I also did a Pink Ribbon mani, mine's really simple..





I used H&M Love At First Sight as a base and Konad stamping polish in Pink for the ribbon and the pink nail


----------



## Flaminbird (Oct 7, 2010)

I posted this in NOTD thread so I thought I would share here as well. My art is by far no where's near anyone else awesome talent in this thread so don't laugh 
	

	
	
		
		

		
		
	


	




. This is the first time I've tried to do something other then Konad. I can draw really well on paper.....not on my nails especially the right hand. Not sure how all you gals do such a great job on both hands!

I got this idea from Goldiestarling's YT tutorial


----------



## bellaboomboom (Oct 7, 2010)

Quote:

   Originally Posted by *equiworks* 

 
_My mother would have a fit if I showed her the PacMan nails!_

 
I LOVE those!  Just so damn cute.  Could not get away with it at work tho.


----------



## Kayla Shevonne (Oct 7, 2010)

Daph_: Your ribbon is so much nicer than mine; very precise!

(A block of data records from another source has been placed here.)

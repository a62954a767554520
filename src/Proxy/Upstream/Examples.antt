-- ===== src/Proxy/Upstream/Examples.antt =====
-- The theorems on the selection at small lists of upstreams: plain ones, one whose breaker is open, and
-- one whose last check was unhealthy.
use go_mini_gateway.Common.{
  ℕ, zero, suc, ◌+◌, ◌-◌, ◌%◌, ◌<◌, ◌≡◌, refl, Time, true, false, none, some, List, [], ◌∷◌, codes,
  arith,
}
use go_mini_gateway.Url.{Url}
use go_mini_gateway.Health.Checker
use go_mini_gateway.Health.Checker.{Checker}
use go_mini_gateway.Proxy.Breaker
use go_mini_gateway.Proxy.Breaker.{CircuitBreaker, opened}
use go_mini_gateway.Proxy.Upstream.{
  Upstream, Handler, try_acquire, u64, index_of, select_from, select_upstream,
}
use go_mini_gateway.Proxy.Upstream.Acquire.{IsValid}
use go_mini_gateway.Proxy.Upstream.Select.{Refuses, Takes, select_upstream-some}
use go_mini_gateway.Proxy.Upstream.Fair.{IsReady, wrap_skips_last}

abbrev address : Url
address = record {
  scheme = codes "http";
  host = codes "a:80";
  path = [];
  raw_path = [];
  raw_query = [];
  rest = [];
}

abbrev plain : Upstream
plain = record {
  id = codes "a";
  url = address;
  active_health = none;
  passive_health = none;
  circuit_breaker = none;
}

abbrev breaker : CircuitBreaker
breaker = record {
  route_id = codes "api";
  upstream_id = codes "a";
  failure_threshold = 2;
  open_duration = 10;
  half_open_max_requests = 2;
  state = opened;
  consecutive_failures = 2;
  half_open_in_flight = 0;
  half_open_successes = 0;
  next_attempt_at = 13;
  last_failure_at = 3;
  last_success_at = 0;
  last_reason = [];
}

abbrev broken : Upstream
broken = record plain { circuit_breaker = some breaker }

broken-IsValid : IsValid broken
broken-IsValid = record {
  threshold_pos = omega arith;
  duration_pos = omega arith;
  max_pos = omega arith;
  counts = (refl, refl, refl);
}

abbrev checker : Checker
checker = record {
  name = codes "a";
  target = address;
  path = codes "/health";
  interval = 5;
  timeout = 1;
  checked = true;
  healthy = false;
  last_check_at = 2;
  last_reason = [];
  done = false;
  looping = true;
}

abbrev ill : Upstream
ill = record plain { active_health = some checker }

abbrev route_with : List Upstream → ℕ → Handler
route_with us n = record {
  route_id = codes "api";
  strip_prefix = codes "/api";
  upstreams = us;
  next_index = n;
}

abbrev clock : ℕ → Time
clock _ = 5

-- The first upstream is open, so the second one is taken.
taken_test :
    select_upstream (route_with (broken ∷ plain ∷ []) 0) clock
    ≡ (route_with (broken ∷ plain ∷ []) 1, some 1)
unfolding select_upstream select_from index_of try_acquire Checker.available Breaker.allow
taken_test = refl

select_upstream-some_example :
    (k : ℕ) × (u : Upstream) × (k < 2)
    × Takes clock 0 (broken ∷ plain ∷ []) k (broken ∷ plain ∷ []) 1 u
    × (1 ≡ (0 + 1) % u64)
select_upstream-some_example =
    select_upstream-some (route_with (broken ∷ plain ∷ []) 0) (route_with (broken ∷ plain ∷ []) 1)
      clock 1 (broken-IsValid, (tt, tt)) (omega arith) taken_test

plain-IsReady : IsReady plain
unfolding try_acquire Checker.available
plain-IsReady now = refl

ill-Refuses : (j : ℕ) (now : Time) → j + 1 < 3 → Refuses (ill ∷ ill ∷ plain ∷ []) j now
unfolding try_acquire Checker.available
ill-Refuses zero now h u e = ground arith
ill-Refuses (suc zero) now h u e = ground arith
ill-Refuses (suc (suc j)) now h u e = absurd (omega arith)

-- The last upstream would accept, and is not asked.
wrap_skips_last_example :
    (select_upstream (route_with (ill ∷ ill ∷ plain ∷ []) (u64 - 1)) clock).1 ≡ none
wrap_skips_last_example =
    wrap_skips_last (route_with (ill ∷ ill ∷ plain ∷ []) (u64 - 1)) clock (tt, (tt, (tt, tt))) refl
      (omega arith) refl ill-Refuses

And I LOVE the Frankenstein nails, they're so cute!
I might have to try something like that when I start my Halloween designs!


----------



## Daph_ (Oct 8, 2010)

Quote:

   Originally Posted by *Kayla Shevonne* 

 
_Daph_: Your ribbon is so much nicer than mine; very precise!

And I LOVE the Frankenstein nails, they're so cute!
I might have to try something like that when I start my Halloween designs!_

 
Are you kidding me? Your ribbons are way prettier!

And the frankenstein nails are AWESOME! I might steal that idea from you (and then credit you afterwards, of course)



I did another marble recently: 






And because I like the way my fingers look afterwards, before cleanup:





Haha!
I used Orly Lemonade and Pixy Sticks as my marble colors


----------



## Kayla Shevonne (Oct 13, 2010)

Your marbles always turn out SO nice! I remember the first (and last) time that I did a marble and I had to redo at least 4 of my nails to get them looking even a little bit presentable!
  	Great job!

  	I started my Halloween series today and my first design is Mummies!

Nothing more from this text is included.